Posted by Kelly Huntley on

Separation anxiety in children is when children fear being parted from their parents or guardians. It’s common and normal among babies and toddlers. A very small number of preschoolers and school-age children develop a more serious form of the condition, called separation anxiety disorder. There are things you can do if you have a child with either of these issues.

Identifying separation anxiety in children

Separation anxiety reaches its peak in babies aged 14-18 months and typically decreases throughout early childhood.

Stranger anxiety is similar to separation anxiety and involves wariness and distress in the presence of unfamiliar people. It can occur from 7-10 months and usually decreases after the child’s first birthday.

These anxieties are a normal part of development, and are nothing to be concerned about. After all, these anxieties happen when children are becoming more mobile, so they make sense from a survival point of view. That is, if children could crawl or walk away from their carers but weren’t afraid of separation or strangers, they would get lost more easily.
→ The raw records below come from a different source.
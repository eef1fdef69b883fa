-- ===== src/Regions/Cache/Changing.antt =====
-- The thread-local cache over a sequence of addresses, with an answer of `VirtualQuery` of its own
-- for each of them: pages may be freed or protected between them, and nothing clears the cache.
use vd_trace.Base.{ℕ, ◌≡◌, refl, ◌∙◌, List, [], ◌∷◌, Option, ◌⊎◌, inl, inr, All}
use vd_trace.Session.{RegionCache, Impl, ExecutionAddressKind}
use vd_trace.Regions.{MemoryInformation, resolve_execution_address}
use vd_trace.Regions.Cache.{
  IsConsistent, IsSound, empty_cache, empty_cache-IsSound, resolve-EitherKeeps,
}

-- `VirtualQuery` at one time.
abbrev pub Memory : Type 0
Memory = ℕ → Option MemoryInformation

module _ (impl : Impl) where
  -- The kinds that a thread sees for a sequence of addresses, each at its own time.
  unfoldable pub resolve_all : RegionCache → List (Memory × ℕ) → List ExecutionAddressKind
  resolve_all cache [] = []
  resolve_all cache ((now, a) ∷ rest) =
      let r = resolve_execution_address now impl cache a in r.0.kind ∷ resolve_all r.1 rest

  abbrev pub kind_at : Memory → ℕ → ExecutionAddressKind
  kind_at memory address = (resolve_execution_address memory impl empty_cache address).0.kind

  -- The kind that the address has without a cache at one of the times.
  pub WasKind : List Memory → ℕ → ExecutionAddressKind → Type 0
  WasKind [] address kind = ⊥
  WasKind (m ∷ ms) address kind = (kind ≡ kind_at m address) ⊎ WasKind ms address kind

  -- One kind for each address, which it has at its own time or has had at one before it; `past`
  -- are the times before the sequence, the last one first.
  pub AllWereKinds : List Memory → List (Memory × ℕ) → List ExecutionAddressKind → Type 0
  unfolding WasKind
  AllWereKinds past [] [] = Unit
  AllWereKinds past ((now, a) ∷ rest) (k ∷ ks) =
      WasKind (now ∷ past) a k × AllWereKinds (now ∷ past) rest ks
  AllWereKinds past _ _ = ⊥

  -- Some memory of the past, or the next one, answers what the cache answers.
  abbrev Recalls : List Memory → RegionCache → Type 0
  Recalls past cache =
      (now : Memory)
      → (before : Memory) × ((a : ℕ) → WasKind (now ∷ past) a (kind_at before a))
        × IsSound before impl cache

  recall :
      (past : List Memory) (now before : Memory) (cache : RegionCache)
      → ((a : ℕ) → WasKind (now ∷ past) a (kind_at before a))
      → IsSound before impl cache ⊎ IsSound now impl cache
      → Recalls (now ∷ past) cache
  unfolding WasKind
  recall past now before cache was (inl s) next = (before, λ a. inr (was a), s)
  recall past now before cache was (inr s) next = (now, λ a. inr (inl refl), s)

  was_equal :
      (ms : List Memory) (a : ℕ) (k l : ExecutionAddressKind)
      → k ≡ l
      → WasKind ms a l
      → WasKind ms a k
  unfolding WasKind
  was_equal [] a k l e w = w
  was_equal (m ∷ ms) a k l e (inl h) = inl (e ∙ h)
  was_equal (m ∷ ms) a k l e (inr w) = inr (was_equal ms a k l e w)

  resolve_all-Recalls :
      (past : List Memory) (cache : RegionCache) (steps : List (Memory × ℕ))
      → All (λ s. IsConsistent s.0) steps
      → Recalls past cache
      → AllWereKinds past steps (resolve_all cache steps)
  unfolding resolve_all AllWereKinds WasKind
  resolve_all-Recalls past cache [] c r = tt
  resolve_all-Recalls past cache ((now, a) ∷ rest) c r =
      let (before, was, sound) = r now in
      let k = resolve-EitherKeeps before now impl c.0 cache sound a in
      let resolved = resolve_execution_address now impl cache a in
      (
        elim k.0 [
          | inl same ↦ was_equal (now ∷ past) a resolved.0.kind (kind_at before a) same.0 (was a)
          | inr same ↦ inl same.0
        ],
        resolve_all-Recalls (now ∷ past) resolved.1 rest c.1
            (recall past now before resolved.1 was k.1),
      )

  -- From an empty cache, and whatever happens to the memory between the addresses that a thread
  -- resolves one after the other, each of them is of the kind that it has without a cache, at its
  -- own time or at the time of an address before it. The hypothesis is that at each time the pages
  -- of one answer of `VirtualQuery` have the same attributes.
  pub resolve_all-WasKind :
      (steps : List (Memory × ℕ))
      → All (λ s. IsConsistent s.0) steps
      → AllWereKinds [] steps (resolve_all empty_cache steps)
  unfolding WasKind
  resolve_all-WasKind steps c =
      resolve_all-Recalls [] empty_cache steps c
        (λ now. (now, λ a. inl refl, empty_cache-IsSound now impl))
Separation anxiety disorder in children

As children reach preschool and school age, they’re less likely to experience separation anxiety. Of course, there’ll always be times when they only want to be with you.

If children in this age group seem particularly and regularly distressed about being separated from their parents, it’s possible they might have separation anxiety disorder. According to a 2009 study, 4% of preschoolers and school-age children develop this condition.

Separation anxiety disorder is defined as occurring when the:

  • anxiety interferes with the child’s life, and subsequently the parent’s life
  • severity of the anxiety is inappropriate for the child’s developmental level
  • characteristics of separation anxiety have gone on for at least four weeks.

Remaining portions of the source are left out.